» TO DO
Below are the records; copy exactly the stretch from the line containing "is_nil [] = true" through the line containing "any-eq-false p (x ∷ xs) a h (Memᴰ.head", both ends included, and nothing else.

═══ EXERCISE DATA ═══

-- ===== src/Prelude/Lists.antt =====
-- Lists measured by native numbers, and Boolean searches that run.
use Prim.Native.Nat.{ℕ, zero, suc, ◌+◌, ◌-◌, ◌≤◌}
use mathlib.Core.Option.{Option, none, some}
use mathlib.Core.Path.{◌≡◌, refl}
use mathlib.Core.Bool.{Bool, true, false, ◌&&◌, ◌||◌}
use mathlib.Core.Logic.{◌⊎◌, inl, inr}
use mathlib.Core.List.{List, [], ◌∷◌, ◌++◌, Memᴰ}
use native.Mathlib.Omega.{arith}
use oracle_patching.Prelude.Tests.{if◌then◌else◌, Bool-cases}

module _ {ℓ} {A : Type ℓ} where
  abbrev pub length : List A → ℕ
  length [] = 0
  length (x ∷ xs) = suc (length xs)

  pub length-append : (xs ys : List A) → length (xs ++ ys) ≡ length xs + length ys
  length-append [] ys = omega arith
  length-append (x ∷ xs) ys = omega (arith, length-append xs ys)

  -- `xs[:n]`
  unfoldable pub take : ℕ → List A → List A
  take n [] = []
  take zero (x ∷ xs) = []
  take (suc n) (x ∷ xs) = x ∷ take n xs

  -- `xs[n:]`
  unfoldable pub drop : ℕ → List A → List A
  drop n [] = []
  drop zero (x ∷ xs) = x ∷ xs
  drop (suc n) (x ∷ xs) = drop n xs

  -- `xs[-n:]`, for `n` above 0
  unfoldable pub take_last : ℕ → List A → List A
  unfolding drop
  take_last n xs = drop (length xs - n) xs

  -- `xs[-1]`
  unfoldable pub last : List A → Option A
  last [] = none
  last (x ∷ []) = some x
  last (x ∷ y ∷ ys) = last (y ∷ ys)

  length-drop : (n : ℕ) (xs : List A) → length (drop n xs) ≡ length xs - n
  unfolding drop
  length-drop n [] = omega arith
  length-drop zero (x ∷ xs) = omega arith
  length-drop (suc n) (x ∷ xs) = omega (arith, length-drop n xs)

  pub length-take_last : (n : ℕ) (xs : List A) → length (take_last n xs) ≤ n
  unfolding take_last
  length-take_last n xs = omega (arith, length-drop (length xs - n) xs)

  -- `not xs`
  unfoldable pub is_nil : List A → Bool
  is_nil [] = true
  is_nil (x ∷ xs) = false

  unfoldable pub any : (A → Bool) → List A → Bool
  any p [] = false
  any p (x ∷ xs) = p x || any p xs

  unfoldable pub all : (A → Bool) → List A → Bool
  all p [] = true
  all p (x ∷ xs) = p x && all p xs

  -- `[x for x in xs if p(x)]`
  unfoldable pub select : (A → Bool) → List A → List A
  select p [] = []
  select p (x ∷ xs) = let rest = select p xs in if p x then x ∷ rest else rest

  pub mem-select :
      (p : A → Bool) (xs : List A) (a : A) → Memᴰ a xs → p a ≡ true → Memᴰ a (select p xs)
  unfolding select
  mem-select p [] a m h = elim m [ ]
  mem-select p (x ∷ xs) a (Memᴰ.head e) h = rw (← e, h) (Memᴰ.head refl)
  mem-select p (x ∷ xs) a (Memᴰ.tail m) h = elim (Bool-cases (p x)) [
    | inl t ↦ rw t (Memᴰ.tail (mem-select p xs a m h))
    | inr f ↦ rw f (mem-select p xs a m h)
  ]

  pub mem-cases : {a x : A} {xs : List A} → Memᴰ a (x ∷ xs) → (a ≡ x) ⊎ Memᴰ a xs
  mem-cases (Memᴰ.head e) = inl e
  mem-cases (Memᴰ.tail m) = inr m

  pub any-eq-false :
      (p : A → Bool) (xs : List A) (a : A) → any p xs ≡ false → Memᴰ a xs → p a ≡ false
  unfolding any
  any-eq-false p [] a h m = elim m [ ]
  any-eq-false p (x ∷ xs) a h (Memᴰ.head e) = ground (arith, e)
  any-eq-false p (x ∷ xs) a h (Memᴰ.tail m) = any-eq-false p xs a (ground arith) m

  pub all-eq-true : (p : A → Bool) (xs : List A) (a : A) → all p xs ≡ true → Memᴰ a xs → p a ≡ true
  unfolding all
  all-eq-true p [] a h m = elim m [ ]
  all-eq-true p (x ∷ xs) a h (Memᴰ.head e) = ground (arith, e)
  all-eq-true p (x ∷ xs) a h (Memᴰ.tail m) = all-eq-true p xs a (ground arith) m

  pub select-mem :
      (p : A → Bool) (xs : List A) (a : A) → Memᴰ a (select p xs) → Memᴰ a xs × (p a ≡ true)
  unfolding select
  select-mem p [] a m = elim m [ ]
  select-mem p (x ∷ xs) a m = elim (Bool-cases (p x)) [
    | inl t ↦ elim (mem-cases (rw t at m)) [
      | inl e ↦ (Memᴰ.head e, rw e t)
      | inr m' ↦ let (found, h) = select-mem p xs a m' in (Memᴰ.tail found, h)
    ]
    | inr f ↦ let (found, h) = select-mem p xs a (rw f at m) in (Memᴰ.tail found, h)
  ]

═══

» EXERCISE RESULT
  is_nil [] = true
  is_nil (x ∷ xs) = false

  unfoldable pub any : (A → Bool) → List A → Bool
  any p [] = false
  any p (x ∷ xs) = p x || any p xs

  unfoldable pub all : (A → Bool) → List A → Bool
  all p [] = true
  all p (x ∷ xs) = p x && all p xs

  -- `[x for x in xs if p(x)]`
  unfoldable pub select : (A → Bool) → List A → List A
  select p [] = []
  select p (x ∷ xs) = let rest = select p xs in if p x then x ∷ rest else rest

  pub mem-select :
      (p : A → Bool) (xs : List A) (a : A) → Memᴰ a xs → p a ≡ true → Memᴰ a (select p xs)
  unfolding select
  mem-select p [] a m h = elim m [ ]
  mem-select p (x ∷ xs) a (Memᴰ.head e) h = rw (← e, h) (Memᴰ.head refl)
  mem-select p (x ∷ xs) a (Memᴰ.tail m) h = elim (Bool-cases (p x)) [
    | inl t ↦ rw t (Memᴰ.tail (mem-select p xs a m h))
    | inr f ↦ rw f (mem-select p xs a m h)
  ]

  pub mem-cases : {a x : A} {xs : List A} → Memᴰ a (x ∷ xs) → (a ≡ x) ⊎ Memᴰ a xs
  mem-cases (Memᴰ.head e) = inl e
  mem-cases (Memᴰ.tail m) = inr m

  pub any-eq-false :
      (p : A → Bool) (xs : List A) (a : A) → any p xs ≡ false → Memᴰ a xs → p a ≡ false
  unfolding any
  any-eq-false p [] a h m = elim m [ ]
  any-eq-false p (x ∷ xs) a h (Memᴰ.head e) = ground (arith, e)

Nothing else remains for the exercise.